= Crescent (keelboat) =

The Crescent Sailboat was built exclusively in Detroit, Michigan from 1953 to 1974. These boats were designed in 1953 by a Ford Motor Company engineer, Dick Hill and friends, who were experimenting with fiberglass. 27 hulls were constructed and raced One-Design. The class made a movement to become Olympic class boats at some point. The molds still exist and the boats are still raced very regularly. Bayview Yacht Club and the Detroit Sail Club are home to a great number of them.

The Crescent sloop was the first and currently oldest fiberglass racing One-Design class in the world. The boats are based at 95 St. Jean, Detroit Sail Club in Detroit, Michigan.

==Regattas==

The Crescent Sloops race in the Detroit Regional Sailing Association series of races. These run from mid may thru the end of September. Other regattas include the Detroit NOOD (National Offshore One-Design) Regatta as well as the Bayview Yacht Club North Channel Race. The most significant is the ILYA Bayweek and GIYC Downriver and Deepwater. This series serves as the World Championship of Crescent Sloops.

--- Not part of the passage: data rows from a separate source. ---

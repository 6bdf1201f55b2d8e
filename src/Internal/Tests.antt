-- ===== src/Internal/Tests.antt =====
-- Requests of other services.
use lurus_identity.Base.{◌≡◌, refl, some, pos}
use lurus_identity.Table.{first}
use lurus_identity.Store.{ok, empty, pure, ◌>>=◌, try, sql}
use lurus_identity.Store.Run.{calm, run}
use lurus_identity.Wallet.Repo.{of_account, get_by_account_id}
use lurus_identity.Wallet.Tests.{shop, wallet_of_7, shop-IsReconciled}
use lurus_identity.Internal.{refuses, panics, Movement, debit_wallet, get_wallet_balance}
use lurus_identity.Internal.Debits.{Answered, debit_wallet-Answered}

abbrev overage : Movement
overage = record { amount = pos 200; tx_type = "ai_overage"; product_id = "llm" }

found : first (of_account 7) shop.wallets ≡ some wallet_of_7
unfolding first
found = refl

debit_wallet-Answered_example :
    Answered 7 (pos 200) wallet_of_7 (calm shop) (debit_wallet (some 7) overage (calm shop))
debit_wallet-Answered_example =
    debit_wallet-Answered 7 overage (calm shop) wallet_of_7 shop-IsReconciled found

-- An account that has no wallet.
no_wallet : run (get_wallet_balance (some 9)) empty ≡ (ok panics, empty)
unfolding run get_wallet_balance ◌>>=◌ try sql pure first get_by_account_id
no_wallet = refl

without_type :
    run (debit_wallet (some 7) (record overage { tx_type = "" })) shop
    ≡ (ok (refuses 400 "required"), shop)
unfolding run debit_wallet pure
without_type = refl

Crescent Fleet under spinnaker
1953 First Launch

==Specification==

The Crescent is 24 ft long with a beam of about 6.5 ft. It is a fractionally rigged single spreader sloop with a combined sail area (Jib and Main) of 146.7 sqft.
Sail Measurements:
Mainsail:
Luff: 20.0 ft - Leech: 21.3 ft - Foot: 10.0 ft - Sail area (main only) 102.5 sqft.

Jib:
Luff: 16.5 ft - Foot: 6 ft - Leech: 14.75 ft - Sail are (jib only) 44.2 sqft.